Simply put, this is music for getting things done. The string-driven
inertia of the title track and cascading riffs of “In Context” foster
motion, be it dancing or just a stroll to the post office. Of course
Tones of Town is equally suited to a bookish afternoon in, maybe on a balcony overlooking a busy intersection. “Working to Work” is, appropriately enough, the sonic equivalent of a morning commute, all hurry-up-and-wait fragments linked by thin guitars and snares. From the opening chimes and beeps of “Give It Lose It Take It,” polyrhythm is the order of the day, and most of these songs seem to be a missed beat away from spiraling into chaos. Entropy is kept in check, in this case, by a rather conservative mixing aesthetic that calls to mind Belle and Sebastian.
The suspenseful arrangements and clever additions (real live
beatboxing on “Sit Tight,” for example) may keep you from noticing that the lyrics are some of the most mild-mannered twenty-something angst ever written. “A House Is Not a Home” laments the need for moving back in with the parents, while “A Gap Has Appeared” captures that sickening feeling you get when your world moves beneath you. Still, the delivery of their undeniably morose messages is so incongruously peppy that Tones of Town makes an excellent soundtrack to your daily errands or anything else you wish to accomplish. What’s
more, Field Music seem totally comfortable with these vertigo-inducing changes in direction and time signature — they appear to know exactly what they’re doing, and that is all that matters.

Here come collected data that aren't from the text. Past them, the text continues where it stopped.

-- ===== src/Contracts/Permissions/Names.antt =====
-- packages/contracts/src/permission-grant.ts: the names, hosts, paths, methods and numbers of a
-- permission, each in its canonical form.
pub mod Rooted
use tego_next.Base.{
  ℕ, ◌+◌, ◌-◌, ◌≤◌, Text, text, Bool, true, false, ◌&&◌, ◌||◌, List, [], ◌∷◌, ◌++◌, leb, ltb,
  nat_beq, all, any, length, text_beq, text_eq, if◌then◌else◌, ok, err, guard, ◌>>=◌, ◌>>◌, Option,
  none, some, not,
}
use tego_next.Contracts.Json.{JsonValue}
use tego_next.Contracts.Json.JsonValue.{number}
use tego_next.Contracts.Identity.{
  identity_pattern, decimal_pattern, decimal_value, is_alphanumeric, is_identity_unit,
}
use tego_next.Contracts.Diagnostic.{Outcome}
use tego_next.Contracts.Permissions.Input.{Input, invalid, check, string_at}
use tego_next.Versions.Parse.{split_dots}

unfoldable pub portable_name : Input → Outcome Text
unfolding identity_pattern string_at
portable_name v = do t ← string_at v; check (identity_pattern t); ok t

-- ENVIRONMENT_NAME.
abbrev is_environment_unit : ℕ → Bool
is_environment_unit c = is_alphanumeric c || nat_beq c b'_'

abbrev starts_environment : ℕ → Bool
starts_environment c = is_environment_unit c && not (leb b'0' c && leb c b'9')

environment_pattern : Text → Bool
environment_pattern [] = false
environment_pattern (c ∷ rest) =
    starts_environment c && (all is_environment_unit rest && leb (length rest) 127)

unfoldable pub environment_name : Input → Outcome Text
unfolding environment_pattern string_at
environment_name v = do t ← string_at v; check (environment_pattern t); ok t

-- `value.slice(0, -1)`.
abbrev drop_last : Text → Text
drop_last [] = []
drop_last (c ∷ []) = []
drop_last (c ∷ d ∷ rest) = c ∷ drop_last (d ∷ rest)

ends_with : ℕ → Text → Bool
ends_with c [] = false
ends_with c (d ∷ []) = nat_beq d c
ends_with c (d ∷ e ∷ rest) = ends_with c (e ∷ rest)

has_unit : ℕ → Text → Bool
has_unit c t = any (nat_beq c) t

abbrev lower_unit : ℕ → ℕ
lower_unit c = if leb b'A' c && leb c b'Z' then c + 32 else c

-- `toLowerCase` of an ASCII string, as `domainToASCII` returns.
to_lower : Text → Text
to_lower [] = []
to_lower (c ∷ rest) = lower_unit c ∷ to_lower rest

abbrev is_host_unit : ℕ → Bool
is_host_unit c = (leb b'a' c && leb c b'z') || (leb b'0' c && leb c b'9')

is_host_label : Text → Bool
unfolding ends_with
is_host_label [] = false
is_host_label (c ∷ rest) =
    is_host_unit c
    && (all (λ d. is_host_unit d || nat_beq d b'-') rest
        && (not (ends_with b'-' rest) && leb (length rest) 62))

-- `domainToASCII` is node's.
unfoldable pub canonical_host : (domain_to_ascii : Text → Text) → Input → Outcome Text
unfolding ends_with has_unit is_host_label split_dots string_at to_lower
canonical_host domain_to_ascii v = do
  source ← string_at v
  check (not (has_unit b'*' source || (has_unit 0 source || nat_beq (length source) 0)))
  let without_dot = if ends_with b'.' source then drop_last source else source
  check (not (ends_with b'.' without_dot || nat_beq (length without_dot) 0))
  let ascii = to_lower (domain_to_ascii without_dot)
  check (not (nat_beq (length ascii) 0 || ltb 253 (length ascii)))
  check (all is_host_label (split_dots ascii))
  ok ascii

-- `"/".split`, and the segments of a path.
add_unit : ℕ → List Text → List Text
add_unit c [] = (c ∷ []) ∷ []
add_unit c (t ∷ ts) = (c ∷ t) ∷ ts

split_slashes : Text → List Text
unfolding add_unit
split_slashes [] = [] ∷ []
split_slashes (c ∷ t) =
    let rest = split_slashes t in if nat_beq c b'/' then [] ∷ rest else add_unit c rest

has_double_slash : Text → Bool
has_double_slash [] = false
has_double_slash (c ∷ []) = false
has_double_slash (c ∷ d ∷ rest) = (nat_beq c b'/' && nat_beq d b'/') || has_double_slash (d ∷ rest)

is_bad_segment : Text → Bool
unfolding text_beq
is_bad_segment t =
    text_beq t (b'.' ∷ [])
    || (text_beq t (b'.' ∷ b'.' ∷ []) || (nat_beq (length t) 0 || not (all is_identity_unit t)))

unfoldable pub starts_with_slash : Text → Bool
starts_with_slash [] = false
starts_with_slash (c ∷ t) = nat_beq c b'/'

is_root_path : Text → Bool
unfolding text_beq
is_root_path t = text_beq t (b'/' ∷ [])

abbrev after_first : List Text → List Text
after_first [] = []
after_first (t ∷ ts) = ts

-- An absolute POSIX logical path.
is_absolute : Text → Bool
unfolding has_double_slash has_unit starts_with_slash
is_absolute t =
    starts_with_slash t
    && (not (has_unit 0x5c t) && (not (has_unit 0 t) && not (has_double_slash t)))

has_good_segments : Text → Bool
unfolding is_bad_segment is_root_path split_slashes
has_good_segments t = not (any is_bad_segment (after_first (split_slashes t))) || is_root_path t

-- `source.length > 1 && source.endsWith("/")`.
drop_end_slash : Text → Text
unfolding ends_with
drop_end_slash t = if ltb 1 (length t) && ends_with b'/' t then drop_last t else t

unfoldable pub canonical_root : Input → Outcome Text
unfolding drop_end_slash has_good_segments is_absolute string_at
canonical_root v = do
  source ← string_at v
  check (is_absolute source)
  check (has_good_segments source)
  ok (drop_end_slash source)

-- HTTP_METHODS.
abbrev http_methods : List Text
http_methods =
    text "DELETE"
    ∷ text "GET"
    ∷ text "HEAD"
    ∷ text "OPTIONS"
    ∷ text "PATCH"
    ∷ text "POST"
    ∷ text "PUT"
    ∷ []

abbrev pub includes : List Text → Text → Bool
includes ts t = any (text_beq t) ts

-- The upper case of a unit. Beside a-z these are the units whose upper case is of letters A-Z that
-- an HTTP method has in sequence; every other unit leads outside the methods, as it does unchanged.
abbrev upper_unit : ℕ → Text
upper_unit c =
    if leb b'a' c && leb c b'z'
    then (c - 32) ∷ []
    else if nat_beq c 0x131
    then b'I' ∷ []
    else if nat_beq c 0x17f
    then b'S' ∷ []
    else if nat_beq c 0xfb05 || nat_beq c 0xfb06
    then b'S' ∷ b'T' ∷ []
    else c ∷ []

to_upper : Text → Text
to_upper [] = []
to_upper (c ∷ rest) = upper_unit c ++ to_upper rest

unfoldable pub canonical_method : Input → Outcome Text
unfolding text_beq string_at to_upper
canonical_method v = do
  source ← string_at v
  let method = to_upper source
  check (includes http_methods method)
  ok method

-- A number of a JSON text is a safe integer that is not negative.
safe_integer : Text → Bool
unfolding decimal_pattern decimal_value
safe_integer t = decimal_pattern t && leb (decimal_value t) 9007199254740991

unfoldable pub natural_at : Input → Outcome ℕ
unfolding decimal_value safe_integer
natural_at (some (number t)) = do check (safe_integer t); ok (decimal_value t)
natural_at _ = invalid

unfoldable pub port_at : Input → Outcome ℕ
unfolding natural_at
port_at v = do port ← natural_at v; check (leb 1 port && leb port 65535); ok port
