-- ===== src/Contracts/Permissions/Canonical.antt =====
-- packages/contracts/src/permission-grant.ts: `canonicalizePermissionSet`. `domainToASCII` is
-- node's, from node:url.
pub mod Rooted
use tego_next.Base.{
  before, ℕ, Text, text, Bool, true, false, ◌||◌, ◌&&◌, not, List, [], ◌∷◌, leb, ltb, nat_beq, any,
  text_beq, text_eq, sort_by, if◌then◌else◌, ok, err, ◌>>=◌, ◌>>◌, Option, none, some, Map, set,
  get,
}
use tego_next.Contracts.Json.{JsonValue, JsonObject}
use tego_next.Contracts.Json.JsonValue.{number, string, object}
use tego_next.Contracts.Identity.{decimal_pattern, decimal_value}
use tego_next.Contracts.Diagnostic.{Outcome}
use tego_next.Selection.{ExecutorKind, process, remote, thread, kind_index, WorkerResourceCeilings}
use tego_next.Contracts.Permissions.{
  PermissionKind, capability, environment, executor, filesystem, network, secret, worker,
  kind_place, FilesystemAccess, read, write, access_place, CapabilityPermissionEntry,
  FilesystemRootPermission, Permission, capabilities, environments, executors, roots, networks,
  secrets, workers, kind_of,
}
use tego_next.Contracts.Permissions.Input.{
  invalid, check, object_at, keys, field, exact_keys, array_at, string_at, read_all, sorted_unique,
  text_after, Input,
}
use tego_next.Contracts.Permissions.Names.{
  includes, portable_name, environment_name, canonical_host, canonical_root, canonical_method,
  natural_at, port_at,
}

canonical_methods : Input → Outcome (List Text)
unfolding array_at canonical_method read_all sorted_unique before
canonical_methods v = do
  values ← array_at v
  methods ← read_all canonical_method values
  ok (sorted_unique text_after methods)

canonical_names : (Input → Outcome Text) → JsonObject → Outcome (List Text)
unfolding array_at exact_keys field read_all sorted_unique before
canonical_names parse_name o = do
  exact_keys o (text "kind" ∷ text "names" ∷ [])
  values ← array_at (field (text "names") o)
  names ← read_all parse_name values
  ok (sorted_unique text_after names)

canonical_entries : (seen : List Text) → List JsonValue → Outcome (List CapabilityPermissionEntry)
unfolding array_at exact_keys field text_beq object_at portable_name read_all sorted_unique before
canonical_entries seen [] = ok []
canonical_entries seen (v ∷ vs) = do
  entry ← object_at (some v)
  exact_keys entry (text "methods" ∷ text "name" ∷ [])
  name ← portable_name (field (text "name") entry)
  check (not (includes seen name))
  values ← array_at (field (text "methods") entry)
  methods ← read_all portable_name values
  rest ← canonical_entries (name ∷ seen) vs
  ok (record { name = name; methods = sorted_unique text_after methods } ∷ rest)

abbrev entry_after : CapabilityPermissionEntry → CapabilityPermissionEntry → Bool
entry_after left right = text_after left.name right.name

-- The readers of one kind return the permission without its kind, which `canonical_permission`
-- adds.
canonical_capability : JsonObject → Outcome (List CapabilityPermissionEntry)
unfolding array_at canonical_entries before exact_keys field sort_by
canonical_capability o = do
  exact_keys o (text "capabilities" ∷ text "kind" ∷ [])
  values ← array_at (field (text "capabilities") o)
  entries ← canonical_entries [] values
  ok (sort_by entry_after entries)

unfoldable pub parse_executor : Text → Option ExecutorKind
unfolding text_beq
parse_executor t =
    if text_beq t (text "process")
    then some process
    else if text_beq t (text "remote")
    then some remote
    else if text_beq t (text "thread")
    then some thread
    else none

executor_at : Input → Outcome ExecutorKind
unfolding parse_executor string_at
executor_at v = do t ← string_at v; elim (parse_executor t) [ none ↦ invalid | some k ↦ ok k ]

canonical_executor : JsonObject → Outcome (List ExecutorKind)
unfolding array_at exact_keys executor_at field read_all sorted_unique
canonical_executor o = do
  exact_keys o (text "executors" ∷ text "kind" ∷ [])
  values ← array_at (field (text "executors") o)
  kinds ← read_all executor_at values
  ok (sorted_unique (λ a b. ltb (kind_index b) (kind_index a)) kinds)

canonical_network :
    (domain_to_ascii : Text → Text) → JsonObject → Outcome (List Text × List ℕ × List Text)
unfolding array_at canonical_host canonical_methods exact_keys field port_at read_all sorted_unique
    before
canonical_network domain_to_ascii o = do
  exact_keys o (text "hosts" ∷ text "kind" ∷ text "methods" ∷ text "ports" ∷ [])
  host_values ← array_at (field (text "hosts") o)
  hosts ← read_all (canonical_host domain_to_ascii) host_values
  port_values ← array_at (field (text "ports") o)
  ports ← read_all port_at port_values
  methods ← canonical_methods (field (text "methods") o)
  ok (sorted_unique text_after hosts, sorted_unique (λ a b. ltb b a) ports, methods)

parse_access : Text → Outcome FilesystemAccess
unfolding text_beq
parse_access t =
    if text_beq t (text "read")
    then ok read
    else if text_beq t (text "write")
    then ok write
    else invalid

access_at : Input → Outcome FilesystemAccess
unfolding parse_access string_at
access_at v = do t ← string_at v; parse_access t

canonical_roots : (seen : List Text) → List JsonValue → Outcome (List FilesystemRootPermission)
unfolding access_at array_at canonical_root exact_keys field text_beq object_at read_all
    sorted_unique
canonical_roots seen [] = ok []
canonical_roots seen (v ∷ vs) = do
  entry ← object_at (some v)
  exact_keys entry (text "access" ∷ text "path" ∷ [])
  path ← canonical_root (field (text "path") entry)
  check (not (includes seen path))
  values ← array_at (field (text "access") entry)
  modes ← read_all access_at values
  let access = sorted_unique (λ a b. ltb (access_place b) (access_place a)) modes
  rest ← canonical_roots (path ∷ seen) vs
  ok (record { path = path; access = access } ∷ rest)

abbrev root_after : FilesystemRootPermission → FilesystemRootPermission → Bool
root_after left right = text_after left.path right.path

canonical_filesystem : JsonObject → Outcome (List FilesystemRootPermission)
unfolding array_at canonical_roots exact_keys field before sort_by
canonical_filesystem o = do
  exact_keys o (text "kind" ∷ text "roots" ∷ [])
  values ← array_at (field (text "roots") o)
  entries ← canonical_roots [] values
  ok (sort_by root_after entries)

canonical_labels : List Text → JsonObject → Map Text Text → Outcome (Map Text Text)
unfolding field portable_name set
canonical_labels [] source labels = ok labels
canonical_labels (k ∷ ks) source labels = do
  name ← portable_name (some (string k))
  value ← portable_name (field k source)
  canonical_labels ks source (set name value labels)

canonical_resources : Input → Outcome WorkerResourceCeilings
unfolding exact_keys field natural_at object_at
canonical_resources v = do
  resources ← object_at v
  exact_keys resources (text "cpuMillis" ∷ text "memoryBytes" ∷ text "storageBytes" ∷ [])
  cpu ← natural_at (field (text "cpuMillis") resources)
  memory ← natural_at (field (text "memoryBytes") resources)
  storage ← natural_at (field (text "storageBytes") resources)
  ok (record { cpu_millis = cpu; memory_bytes = memory; storage_bytes = storage })

canonical_worker : JsonObject → Outcome (Map Text Text × WorkerResourceCeilings)
unfolding canonical_labels canonical_resources exact_keys field keys object_at sort_by before
canonical_worker o = do
  exact_keys o (text "kind" ∷ text "labels" ∷ text "resources" ∷ [])
  source ← object_at (field (text "labels") o)
  labels ← canonical_labels (sort_by text_after (keys source)) source []
  ceilings ← canonical_resources (field (text "resources") o)
  ok (labels, ceilings)

unfoldable pub parse_kind : Text → Option PermissionKind
unfolding text_beq
parse_kind t =
    if text_beq t (text "capability")
    then some capability
    else if text_beq t (text "environment")
    then some environment
    else if text_beq t (text "executor")
    then some executor
    else if text_beq t (text "filesystem")
    then some filesystem
    else if text_beq t (text "network")
    then some network
    else if text_beq t (text "secret")
    then some secret
    else if text_beq t (text "worker")
    then some worker
    else none

-- The `switch` on the kind.
canonical_permission : (Text → Text) → Option PermissionKind → JsonObject → Outcome Permission
unfolding canonical_capability canonical_executor canonical_filesystem canonical_names
    canonical_network canonical_worker environment_name portable_name
canonical_permission to_ascii none o = invalid
canonical_permission to_ascii (some capability) o = do
  entries ← canonical_capability o
  ok (capabilities entries)
canonical_permission to_ascii (some environment) o = do
  names ← canonical_names environment_name o
  ok (environments names)
canonical_permission to_ascii (some secret) o = do
  names ← canonical_names portable_name o
  ok (secrets names)
canonical_permission to_ascii (some executor) o = do
  kinds ← canonical_executor o
  ok (executors kinds)
canonical_permission to_ascii (some filesystem) o = do
  entries ← canonical_filesystem o
  ok (roots entries)
canonical_permission to_ascii (some network) o = do
  (hosts, ports, methods) ← canonical_network to_ascii o
  ok (networks hosts ports methods)
canonical_permission to_ascii (some worker) o = do
  (labels, ceilings) ← canonical_worker o
  ok (workers labels ceilings)

canonical_permissions :
    (Text → Text) → (seen : List Text) → List JsonValue → Outcome (List Permission)
unfolding canonical_permission field text_beq object_at parse_kind string_at
canonical_permissions to_ascii seen [] = ok []
canonical_permissions to_ascii seen (v ∷ vs) = do
  entry ← object_at (some v)
  kind ← string_at (field (text "kind") entry)
  check (not (includes seen kind))
  permission ← canonical_permission to_ascii (parse_kind kind) entry
  rest ← canonical_permissions to_ascii (kind ∷ seen) vs
  ok (permission ∷ rest)

abbrev permission_after : Permission → Permission → Bool
permission_after left right = ltb (kind_place (kind_of right)) (kind_place (kind_of left))

unfoldable pub canonicalize_permission_set :
    (domain_to_ascii : Text → Text) → Input → Outcome (List Permission)
unfolding array_at canonical_permissions sort_by
canonicalize_permission_set domain_to_ascii input = do
  entries ← array_at input
  permissions ← canonical_permissions domain_to_ascii [] entries
  ok (sort_by permission_after permissions)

All these barely-constrained tracks serve as a long build-up to “She Can Do What She Wants,” a bittersweet but still-uplifting ode to free will in relationships. Here the melody and abruptly interrupted beat strike the perfect balance; the dance remix can probably already be heard in discotheques all over Europe, while the original is destined for broad circulation on post-breakup mix CDs. As an almost-closer “She Can Do What She Wants” is a masterpiece, unarguably the culmination of the chaos and woe introduced by the earlier tracks.
If “industrial” wasn’t already claimed as a genre, I’d apply it to the
whole of Tones of Town — not because it sounds like someone banging chains on steal plates, but because it would make my little factory workers so very diligent. Add it to your daily musical intake and marvel at what Field Music can do for your productivity.